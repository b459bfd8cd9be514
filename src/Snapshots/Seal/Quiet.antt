-- ===== src/Snapshots/Seal/Quiet.antt =====
-- What sealing a directory leaves alone: what is seen of the rows of `snapshots`, and another file.
use browser_visit_logger.Base.{List, Option, Text, ◌≡◌}
use browser_visit_logger.Database.{Db, Snapshot}
use browser_visit_logger.Files.{Files}
use browser_visit_logger.Snapshots.Effects.{
  Env, Io, World, handle, handle_sql, pure, Exn, sql_read, sql_write, commit, os_read, os_write,
  Result, ok, err, os_error, sql_error, value_error,
}
use browser_visit_logger.Snapshots.Effects.Rules.{Stable, Stable-pure, Stable-bind}
use browser_visit_logger.Snapshots.Seal.Closed.{Closed, Spares}

-- A condition that no operation breaks as long as it leaves what is seen of `snapshots` and the
-- protected path alone.
pub record Quiet {B : Type 0} (env : Env) (view : List Snapshot → B) (o : Option Text)
    (P : World → Type 0) : Type 1 where
  pub reads : {A : Type 0} (g : Files → A) → Stable P (os_read env g)
  pub writes : (g : Files → Files) → Spares o g → Stable P (os_write env g)
  pub queries : {A : Type 0} (g : Db → A) → Stable P (sql_read env g)
  pub statements :
      (g : Db → Db)
      → ((db : Db) → view (g db).snapshots ≡ view db.snapshots)
      → Stable P (sql_write env g)
  pub commits : Stable P (commit env)

module _ {B : Type 0} (env : Env) (view : List Snapshot → B) (o : Option Text) (P : World → Type 0)
    (q : Quiet env view o P) where
  Stable-handled :
      (h : Exn → Io (Unit {0})) (m : Io (Unit {0}))
      → ((e : Exn) → Stable P (h e))
      → Stable P m
      → Stable P (λ w. handle h (m w))
  Stable-handled h m sh sm = record { at = λ w p. step (m w) (sm.at w p) }
    where
      step : (r : Result (Unit {0}) × World) → P r.1 → P (handle h r).1
      step (ok a, v) p = p
      step (err (os_error errno text), v) p = (sh _).at v p
      step (err (sql_error e), v) p = (sh _).at v p
      step (err (value_error text), v) p = p

  Stable-handled_sql :
      (m : Io (Unit {0})) → Stable P m → Stable P (λ w. handle_sql (λ _. pure tt) (m w))
  Stable-handled_sql m sm = record { at = λ w p. step (m w) (sm.at w p) }
    where
      step : (r : Result (Unit {0}) × World) → P r.1 → P (handle_sql (λ _. pure tt) r).1
      step (ok a, v) p = p
      step (err (os_error errno text), v) p = p
      step (err (sql_error e), v) p = p
      step (err (value_error text), v) p = p

  pub quiet-Closed : Closed env view o (λ A m. Stable P m)
  quiet-Closed = record {
    returns = λ a. Stable-pure P a;
    binds = λ m k sm sk. Stable-bind P m k sm sk;
    looks = λ m sm. record { at = λ w p. (sm w).at w p };
    handles = Stable-handled;
    handles_sql = Stable-handled_sql;
    reads = q.reads;
    writes = q.writes;
    queries = q.queries;
    statements = q.statements;
    commits = q.commits;
  }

ACTIVITY - Read the data above and pull out each line that holds the string "where".

TASK RESPONSE -
    (P : World → Type 0) : Type 1 where
    (q : Quiet env view o P) where
    where
    where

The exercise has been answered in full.